What this task involves >> Your answer is the lines below, exactly, from the one that contains "range_from start (suc" through the one that contains "abbrev pub is_not_positive : F → Bool", both included.

Stored items:
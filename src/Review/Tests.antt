-- ===== src/Review/Tests.antt =====
-- A case that two reviewers approve, one that is escalated, and each theorem at them.
use acvjepa_project.Prelude.Int.{pos}
use acvjepa_project.Prelude.Text.{is_blank}
use acvjepa_project.Prelude.Hashing.{transparent}
use acvjepa_project.Prelude.{ok, err, String, ◌≡◌, refl, ◌≢◌, ◌⊎◌, true, some, List, [], ◌∷◌, ◌++◌}
use acvjepa_project.Review.{
  needs_second_review, approved_for_data, escalated, CaseRow, evidence_collision, not_independent,
  not_approved, case_of, new_row, register, submit_first_review, submit_second_review, DataPatch,
  approved_data_patch, Op, add, first, second, step, run,
}
use acvjepa_project.Review.Steps.{first_reviewed, second_reviewed}
use acvjepa_project.Review.Records.{QuarantinedCase, CorrectionPatch}
use acvjepa_project.Review.Approval.{
  HasBothReviews, approved-HasBothReviews, patch_iff_approved, run-IsFinal,
}

abbrev soft_case : QuarantinedCase
soft_case = record {
  case_id = "case-001";
  episode_commit_uri = "file://episode-commit";
  evidence_sha256 = "evidence-hash";
  reason = "soft_physics_gap";
  risk_level = "high";
  object_class = "cloth";
  task_template = "reposition";
}

abbrev faulty_case : QuarantinedCase
faulty_case = record soft_case { case_id = "case-002"; reason = "hardware_fault" }

abbrev patch_by : String → String → CorrectionPatch
patch_by id reviewer = record {
  case_id = id;
  reviewer_id = reviewer;
  action = "confirm";
  corrected_events = ("slip_onset", pos 7) ∷ [];
  physics_prior_patch = [];
  simulation_focus = [];
  rationale = "Contact onset was late.";
}

abbrev opened : List Op
opened = add soft_case ∷ add faulty_case ∷ first (patch_by "case-001" "reviewer-a") ∷ []

abbrev reviews : List Op
reviews =
    first (patch_by "case-002" "reviewer-a")
    ∷ second (patch_by "case-001" "reviewer-a") true
    ∷ second (patch_by "case-001" "reviewer-b") true
    ∷ []

abbrev approved_row : CaseRow
approved_row =
    second_reviewed (patch_by "case-001" "reviewer-b") true
      (first_reviewed (patch_by "case-001" "reviewer-a") needs_second_review (new_row soft_case))

abbrev escalated_row : CaseRow
escalated_row = first_reviewed (patch_by "case-002" "reviewer-a") escalated (new_row faulty_case)

ends_approved : run (opened ++ reviews) [] ≡ approved_row ∷ escalated_row ∷ []
unfolding run step register submit_first_review submit_second_review is_blank
ends_approved = refl

same_reviewer_refused :
    (submit_second_review (patch_by "case-001" "reviewer-a") true (run opened [])).0
    ≡ err not_independent
unfolding run step register submit_first_review submit_second_review is_blank
same_reviewer_refused = refl

other_evidence_refused :
    (register (record soft_case { evidence_sha256 = "other" }) (run opened [])).0
    ≡ err evidence_collision
unfolding run step register submit_first_review is_blank
other_evidence_refused = refl

approved-HasBothReviews_example : HasBothReviews approved_row
unfolding run step register submit_first_review submit_second_review is_blank
approved-HasBothReviews_example =
    approved-HasBothReviews (opened ++ reviews) "case-001" approved_row refl refl

patch_iff_approved_example :
    ((d : DataPatch) × (r : CaseRow) × (case_of "case-001" (run (opened ++ reviews) []) ≡ some r)
      × (r.status ≡ approved_for_data)
      × (approved_data_patch transparent "case-001" (run (opened ++ reviews) [])
          ≡ (ok d, run (opened ++ reviews) []))
      × (d.source_evidence ≡ r.payload)
      × (d.second_review.reviewer_id ≢ d.first_review.reviewer_id))
    ⊎ (((r : CaseRow)
          → case_of "case-001" (run (opened ++ reviews) []) ≡ some r
          → r.status ≢ approved_for_data)
        × (approved_data_patch transparent "case-001" (run (opened ++ reviews) [])
            ≡ (err not_approved, run (opened ++ reviews) [])))
patch_iff_approved_example = patch_iff_approved transparent (opened ++ reviews) "case-001"

run-IsFinal_example :
    case_of "case-002" (run reviews (approved_row ∷ escalated_row ∷ [])) ≡ some escalated_row
run-IsFinal_example =
    run-IsFinal reviews (approved_row ∷ escalated_row ∷ []) "case-002" escalated_row refl refl refl
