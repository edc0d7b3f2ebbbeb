-- ===== src/Topology/Types.antt =====
-- The values of topology_aware_update_plan.py with their validation, encodings and digests. Floats are
-- a parameter.
use acvjepa_project.Prelude.Int.{ℤ, pos, pos_part, ltb_ℤ, leb_ℤ, int_eq}
use acvjepa_project.Prelude.Float.{Floats, of_int}
use acvjepa_project.Prelude.Json.{Json, str, int, num, arr, obj, Items, nil, cons, end, field}
use acvjepa_project.Prelude.Text.{string_leb}
use acvjepa_project.Prelude.Hashing.{Hashing, digest_of}
use acvjepa_project.Prelude.{
  if◌then◌else◌, Eq, string_eq, nat_eq, ◌==◌, length, sort_by, set_size, Result, ok, err, check, ℕ,
  zero, suc, ◌+◌, String, ◌≡◌, ◌↔◌, Bool, true, false, not, ◌&&◌, ◌||◌, List, [], ◌∷◌, arith,
  eq_iff,
}

-- The exceptions, one for each message.
pub data PlanError : Type 0 where
  negative_topology identity_missing bad_floor : PlanError
  size_mismatch ranks_not_contiguous duplicate_local_rank : PlanError
  bad_telemetry telemetry_not_finite bad_work duplicate_nodes : PlanError
  bad_bounds incomplete_ranks unhealthy_rank bad_batch_size duplicate_work : PlanError
  no_budget not_convertible wrong_item_count no_slot unknown_rank : PlanError
  world_size_differs topology_differs work_differs bad_metadata : PlanError
  bad_rank_entries bad_assignment bad_total : PlanError
  facts_differ bad_micro_batches bad_local_samples bad_scale : PlanError

pub record LocalTopologyRecord (F : Type 0) : Type 0 where
  pub rank : ℤ
  pub node_id : String
  pub local_rank : ℤ
  pub gpu_id : String
  pub numa_node : ℤ
  pub nic_id : String
  pub rail_id : String
  pub gpu_nic_distance : ℤ
  pub expected_collective_floor_ms : F
  pub inventory_epoch : String

pub record TopologyManifest (F : Type 0) : Type 0 where
  pub topology_epoch : String
  pub world_size : ℤ
  pub ranks : List (LocalTopologyRecord F)

pub record RankTelemetry (F : Type 0) : Type 0 where
  pub rank : ℤ
  pub samples_per_second : F
  pub p95_data_ms : F
  pub p95_allreduce_ms : F
  pub free_memory_gb : F
  pub healthy : Bool

pub record WorkItem (F : Type 0) : Type 0 where
  pub work_id : String
  pub cost_units : F
  pub preferred_nodes : List String
  pub provenance_hash : String

pub record TopologyRankUpdatePlan (F : Type 0) : Type 0 where
  pub rank : ℤ
  pub node_id : String
  pub local_rank : ℤ
  pub nic_id : String
  pub rail_id : String
  pub micro_batches : ℤ
  pub samples_per_micro_batch : ℤ
  pub local_samples : ℤ
  pub loss_sum_scale : F
  pub compute_budget_ms : F
  pub network_guard_ms : F
  pub work_item_ids : List String

pub record TopologyAwareUpdatePlan (F : Type 0) : Type 0 where
  pub plan_version : ℤ
  pub topology_epoch : String
  pub topology_digest : String
  pub work_manifest_digest : String
  pub target_update_ms : F
  pub world_size : ℤ
  pub global_samples : ℤ
  pub ranks : List (TopologyRankUpdatePlan F)

abbrev pub node_beq : String × ℤ → String × ℤ → Bool
node_beq (a, i) (b, j) = a == b && i == j

pub node_beq_iff : (x y : String × ℤ) → (node_beq x y ≡ true) ↔ (x ≡ y)
node_beq_iff (a, i) (b, j) = ground (arith, eq_iff a b, int_eq.same_iff i j)

instance abbrev pub node_eq : Eq (String × ℤ)
node_eq = record { same = node_beq; same_iff = node_beq_iff }

-- `range(n)`, from a first number on.
abbrev pub range_from : ℕ → ℕ → List ℤ
range_from start zero = []
range_from start (suc n) = pos start ∷ range_from (start + 1) n

abbrev pub list_beq : List ℤ → List ℤ → Bool
list_beq [] [] = true
list_beq [] (y ∷ ys) = false
list_beq (x ∷ xs) [] = false
list_beq (x ∷ xs) (y ∷ ys) = x == y && list_beq xs ys

-- `validate()` of each item, up to the first that raises.
abbrev pub validate_each :
    {A : Type 0} → (A → Result PlanError (Unit {0})) → List A → Result PlanError (Unit {0})
validate_each check_one [] = ok tt
validate_each check_one (x ∷ xs) =
    let rest = validate_each check_one xs in elim (check_one x) [ err e ↦ err e | ok _ ↦ rest ]

module _ {F : Type 0} where
  abbrev pub record_ranks : List (LocalTopologyRecord F) → List ℤ
  record_ranks [] = []
  record_ranks (r ∷ rs) = r.rank ∷ record_ranks rs

  abbrev pub local_ranks : List (LocalTopologyRecord F) → List (String × ℤ)
  local_ranks [] = []
  local_ranks (r ∷ rs) = (r.node_id, r.local_rank) ∷ local_ranks rs

  abbrev pub work_ids : List (WorkItem F) → List String
  work_ids [] = []
  work_ids (w ∷ ws) = w.work_id ∷ work_ids ws

module _ {F : Type 0} (fl : Floats F) where
  abbrev pub is_negative : F → Bool
  is_negative a = fl.less a (of_int fl (pos 0))

  -- `a <= 0`
  abbrev pub is_not_positive : F → Bool
  is_not_positive a = fl.less a (of_int fl (pos 0)) || fl.equal a (of_int fl (pos 0))

  -- `LocalTopologyRecord.validate`
  unfoldable pub validate_record : LocalTopologyRecord F → Result PlanError (Unit {0})
  validate_record r =
      if ltb_ℤ r.rank (pos 0)
        || ltb_ℤ r.local_rank (pos 0)
        || ltb_ℤ r.numa_node (pos 0)
        || ltb_ℤ r.gpu_nic_distance (pos 0)
      then err negative_topology
      else if r.node_id == ""
          || r.gpu_id == ""
          || r.nic_id == ""
          || r.rail_id == ""
          || r.inventory_epoch == ""
      then err identity_missing
      else check
          (fl.is_finite r.expected_collective_floor_ms
            && not (is_negative r.expected_collective_floor_ms))
          bad_floor

  -- `TopologyManifest.validate`
  unfoldable pub validate_manifest : TopologyManifest F → Result PlanError (Unit {0})
  validate_manifest m =
      if leb_ℤ m.world_size (pos 0) || not (pos (length m.ranks) == m.world_size)
      then err size_mismatch
      else if not (list_beq (record_ranks m.ranks) (range_from 0 (pos_part m.world_size)))
      then err ranks_not_contiguous
      else if not (pos (set_size (local_ranks m.ranks)) == m.world_size)
      then err duplicate_local_rank
      else validate_each validate_record m.ranks

  abbrev pub record_json : LocalTopologyRecord F → Json
  record_json r = obj (
      field "rank" (int r.rank) (
        field "node_id" (str r.node_id) (
          field "local_rank" (int r.local_rank) (
            field "gpu_id" (str r.gpu_id) (
              field "numa_node" (int r.numa_node) (
                field "nic_id" (str r.nic_id) (
                  field "rail_id" (str r.rail_id) (
                    field "gpu_nic_distance" (int r.gpu_nic_distance) (
                      field "expected_collective_floor_ms"
                        (num (fl.repr r.expected_collective_floor_ms))
                        (field "inventory_epoch" (str r.inventory_epoch) end))))))))))

  abbrev pub records_json : List (LocalTopologyRecord F) → Items
  records_json [] = nil
  records_json (r ∷ rs) = cons (record_json r) (records_json rs)

  -- `TopologyManifest.digest`, of a manifest that is valid.
  unfoldable pub topology_digest_of : Hashing → TopologyManifest F → String
  topology_digest_of h m = digest_of h (
      obj (
        field "topology_epoch" (str m.topology_epoch)
          (field "world_size" (int m.world_size) (field "ranks" (arr (records_json m.ranks)) end))))

  -- `_build_epoch`, with the run and the restart count of the environment.
  unfoldable pub build_epoch : Hashing → String → String → List (LocalTopologyRecord F) → String
  build_epoch h run_id restart_count records = digest_of h (
      obj (
        field "torchelastic_run_id" (str run_id) (
          field "restart_count" (str restart_count) (
            field "world_size" (int (pos (length records))) (
              field "records" (arr (records_json (sort_by (λ a b. leb_ℤ a.rank b.rank) records)))
                end)))))

  -- `RankTelemetry.validate`
  unfoldable pub validate_telemetry : RankTelemetry F → Result PlanError (Unit {0})
  validate_telemetry t =
      if ltb_ℤ t.rank (pos 0)
        || is_not_positive t.samples_per_second
        || is_negative t.p95_data_ms
        || is_negative t.p95_allreduce_ms
        || is_negative t.free_memory_gb
      then err bad_telemetry
      else check
          (fl.is_finite t.samples_per_second
            && fl.is_finite t.p95_data_ms
            && fl.is_finite t.p95_allreduce_ms
            && fl.is_finite t.free_memory_gb)
          telemetry_not_finite

  -- `WorkItem.validate`
  unfoldable pub validate_work : WorkItem F → Result PlanError (Unit {0})
  validate_work w =
      if w.work_id == "" || not (fl.is_finite w.cost_units) || is_not_positive w.cost_units
      then err bad_work
      else check (set_size w.preferred_nodes == length w.preferred_nodes) duplicate_nodes

  abbrev pub texts_json : List String → Items
  texts_json [] = nil
  texts_json (t ∷ ts) = cons (str t) (texts_json ts)

  abbrev pub works_json : List (WorkItem F) → Items
  works_json [] = nil
  works_json (w ∷ ws) =
      cons
        (obj (
          field "work_id" (str w.work_id) (
            field "cost_units" (num (fl.repr w.cost_units)) (
              field "preferred_nodes" (arr (texts_json w.preferred_nodes))
                (field "provenance_hash" (str w.provenance_hash) end)))))
        (works_json ws)

  -- `work_manifest_digest`
  unfoldable pub digest_work : Hashing → List (WorkItem F) → Result PlanError String
  digest_work h ws = elim (validate_each validate_work ws) [
    | err e ↦ err e
    | ok _ ↦ ok (
        digest_of h (
          obj (
            field "work_items"
              (arr (works_json (sort_by (λ a b. string_leb a.work_id b.work_id) ws))) end)))
  ]
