-- ===== src/Topology/Assign.antt =====
-- topology_aware_update_plan.py: the micro-batches of each rank and the greedy assignment of the work.
use mathlib.Core.Option
use acvjepa_project.Prelude.Int.{ℤ, pos, ltb_ℤ, leb_ℤ, max_ℤ, int_eq}
use acvjepa_project.Prelude.Float.{Floats, of_int, max_float}
use acvjepa_project.Prelude.Text.{string_leb}
use acvjepa_project.Prelude.Dict.{Dict, lookup}
use acvjepa_project.Prelude.Table.{update}
use acvjepa_project.Prelude.{
  if◌then◌else◌, string_eq, nat_eq, ◌==◌, length, is_empty, sort_by, contains, Result, ok, err,
  Bool, ◌&&◌, ◌||◌, Option, none, some, List, [], ◌∷◌, ◌++◌,
}
use acvjepa_project.Topology.Types.{
  PlanError, no_budget, not_convertible, unknown_rank, LocalTopologyRecord, RankTelemetry, WorkItem,
  node_eq, is_not_positive,
}

pub record Planner (F : Type 0) : Type 0 where
  pub target_update_ms : F
  pub min_micro_batches : ℤ
  pub max_micro_batches : ℤ
  pub safety_jitter_ms : F
  pub remote_work_penalty_ms : F
  pub distance_penalty_ms : F
  pub version : ℤ

-- What the planner knows of one rank: its topology, its samples per second, the size of its micro-batch,
-- their number, and the network guard and compute budget.
pub record RankShare (F : Type 0) : Type 0 where
  pub topo : LocalTopologyRecord F
  pub samples_per_second : F
  pub batch_size : ℤ
  pub count : ℤ
  pub guard : F
  pub budget : F

-- A rank with the work that it has been given.
pub record Bin (F : Type 0) : Type 0 where
  pub share : RankShare F
  pub items : List (WorkItem F)
  pub cost : F

-- `max(a, min(b, n))`
abbrev pub clamp : ℤ → ℤ → ℤ → ℤ
clamp a b n = max_ℤ a (if leb_ℤ n b then n else b)

module _ {F : Type 0} where
  abbrev pub has_slot : Bin F → Bool
  has_slot b = ltb_ℤ (pos (length b.items)) b.share.count

  abbrev pub is_rank : ℤ → Bin F → Bool
  is_rank r b = b.share.topo.rank == r

module _ {F : Type 0} (fl : Floats F) where
  -- `k`: the micro-batches that fit a compute budget, within the planner's bounds. There are none when
  -- the size is too large for a float, or the quotient is infinite or not a number, and Python raises.
  unfoldable pub micro_batches_in : Planner F → F → F → ℤ → Option ℤ
  micro_batches_in p samples_per_second budget size =
      let raw =
        fl.over (fl.times samples_per_second (fl.over budget (of_int fl (pos 1000))))
          (of_int fl size) in
      if fl.fits size
      then Option.map (clamp p.min_micro_batches p.max_micro_batches) (fl.nearest raw)
      else none

  -- The network guard, the compute budget and the number of micro-batches of one rank.
  abbrev pub share_of :
      Planner F → LocalTopologyRecord F → RankTelemetry F → ℤ → Result PlanError (RankShare F)
  share_of p topo t size =
      let network_guard = max_float fl t.p95_allreduce_ms topo.expected_collective_floor_ms in
      let guard = fl.plus (fl.plus t.p95_data_ms network_guard) p.safety_jitter_ms in
      let budget = fl.minus p.target_update_ms guard in
      if is_not_positive fl budget
      then err no_budget
      else elim (micro_batches_in p t.samples_per_second budget size) [
        | none ↦ err not_convertible
        | some k ↦ ok (record {
          topo = topo;
          samples_per_second = t.samples_per_second;
          batch_size = size;
          count = k;
          guard = network_guard;
          budget = budget;
        })
      ]

  -- `telemetries[rank]` and `samples_per_micro_batch[rank]`, which are there for every rank.
  abbrev pub share_found :
      Planner F
      → LocalTopologyRecord F
      → Option (RankTelemetry F)
      → Option ℤ
      → Result PlanError (RankShare F)
  share_found p topo none size = err unknown_rank
  share_found p topo (some t) none = err unknown_rank
  share_found p topo (some t) (some size) = share_of p topo t size

  abbrev pub shares_of :
      Planner F
      → Dict ℤ (RankTelemetry F)
      → Dict ℤ ℤ
      → List (LocalTopologyRecord F)
      → Result PlanError (List (RankShare F))
  shares_of p ts sizes [] = ok []
  shares_of p ts sizes (r ∷ rs) =
      let rest = shares_of p ts sizes rs in
      elim (share_found p r (lookup r.rank ts) (lookup r.rank sizes)) [
        | err e ↦ err e
        | ok s ↦ elim rest [ err e ↦ err e | ok l ↦ ok (s ∷ l) ]
      ]

  -- `sorted(…, key=lambda value: (-value.cost_units, value.work_id))`: expensive work first.
  abbrev pub comes_first : WorkItem F → WorkItem F → Bool
  comes_first a b =
      if fl.equal a.cost_units b.cost_units
      then string_leb a.work_id b.work_id
      else fl.less b.cost_units a.cost_units

  -- `estimated_finish`, without the rank.
  abbrev pub estimated_finish : Planner F → WorkItem F → Bin F → F
  estimated_finish p item bin =
      let topo = bin.share.topo in
      let remote =
        if is_empty item.preferred_nodes || contains item.preferred_nodes topo.node_id
        then of_int fl (pos 0)
        else p.remote_work_penalty_ms in
      let distance = fl.times (of_int fl topo.gpu_nic_distance) p.distance_penalty_ms in
      let compute =
        fl.over (fl.times (of_int fl (pos 1000)) (fl.plus bin.cost item.cost_units))
          bin.share.samples_per_second in
      fl.plus (fl.plus compute remote) distance

  -- `(finish, rank) < (finish, rank)`
  abbrev pub finishes_before : Planner F → WorkItem F → Bin F → Bin F → Bool
  finishes_before p item a b =
      if fl.equal (estimated_finish p item a) (estimated_finish p item b)
      then ltb_ℤ a.share.topo.rank b.share.topo.rank
      else fl.less (estimated_finish p item a) (estimated_finish p item b)

  -- `min(candidates, key=estimated_finish)`: the first of those that no other finishes before.
  abbrev pub choose_bin : Planner F → WorkItem F → Option (Bin F) → List (Bin F) → Option (Bin F)
  choose_bin p item best [] = best
  choose_bin p item none (b ∷ bs) = choose_bin p item (if has_slot b then some b else none) bs
  choose_bin p item (some a) (b ∷ bs) =
      choose_bin p item (if has_slot b && finishes_before p item b a then some b else some a) bs

  abbrev pub give : WorkItem F → Bin F → Bin F
  give item b = record b { items = b.items ++ item ∷ []; cost = fl.plus b.cost item.cost_units }

  abbrev pub put_item : WorkItem F → Option (Bin F) → List (Bin F) → Option (List (Bin F))
  put_item item none bins = none
  put_item item (some b) bins = some (update (is_rank b.share.topo.rank) (give item) bins)

  -- The loop of `_assign_work`; none is its AssertionError.
  abbrev pub assign_items : Planner F → List (WorkItem F) → List (Bin F) → Option (List (Bin F))
  assign_items p [] bins = some bins
  assign_items p (item ∷ items) bins = elim (put_item item (choose_bin p item none bins) bins) [
    | none ↦ none
    | some bins' ↦ assign_items p items bins'
  ]

  abbrev pub empty_bins : List (RankShare F) → List (Bin F)
  empty_bins [] = []
  empty_bins (s ∷ ss) = record { share = s; items = []; cost = of_int fl (pos 0) } ∷ empty_bins ss

  -- `_assign_work`, with the items of each rank still to be sorted.
  unfoldable pub assign_work :
      Planner F → List (RankShare F) → List (WorkItem F) → Option (List (Bin F))
  assign_work p shares items = assign_items p (sort_by comes_first items) (empty_bins shares)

Exercise response >>
range_from start (suc n) = pos start ∷ range_from (start + 1) n

abbrev pub list_beq : List ℤ → List ℤ → Bool
list_beq [] [] = true
list_beq [] (y ∷ ys) = false
list_beq (x ∷ xs) [] = false
list_beq (x ∷ xs) (y ∷ ys) = x == y && list_beq xs ys

-- `validate()` of each item, up to the first that raises.
abbrev pub validate_each :
    {A : Type 0} → (A → Result PlanError (Unit {0})) → List A → Result PlanError (Unit {0})
validate_each check_one [] = ok tt
validate_each check_one (x ∷ xs) =
    let rest = validate_each check_one xs in elim (check_one x) [ err e ↦ err e | ok _ ↦ rest ]

module _ {F : Type 0} where
  abbrev pub record_ranks : List (LocalTopologyRecord F) → List ℤ
  record_ranks [] = []
  record_ranks (r ∷ rs) = r.rank ∷ record_ranks rs

  abbrev pub local_ranks : List (LocalTopologyRecord F) → List (String × ℤ)
  local_ranks [] = []
  local_ranks (r ∷ rs) = (r.node_id, r.local_rank) ∷ local_ranks rs

  abbrev pub work_ids : List (WorkItem F) → List String
  work_ids [] = []
  work_ids (w ∷ ws) = w.work_id ∷ work_ids ws

module _ {F : Type 0} (fl : Floats F) where
  abbrev pub is_negative : F → Bool
  is_negative a = fl.less a (of_int fl (pos 0))

  -- `a <= 0`
  abbrev pub is_not_positive : F → Bool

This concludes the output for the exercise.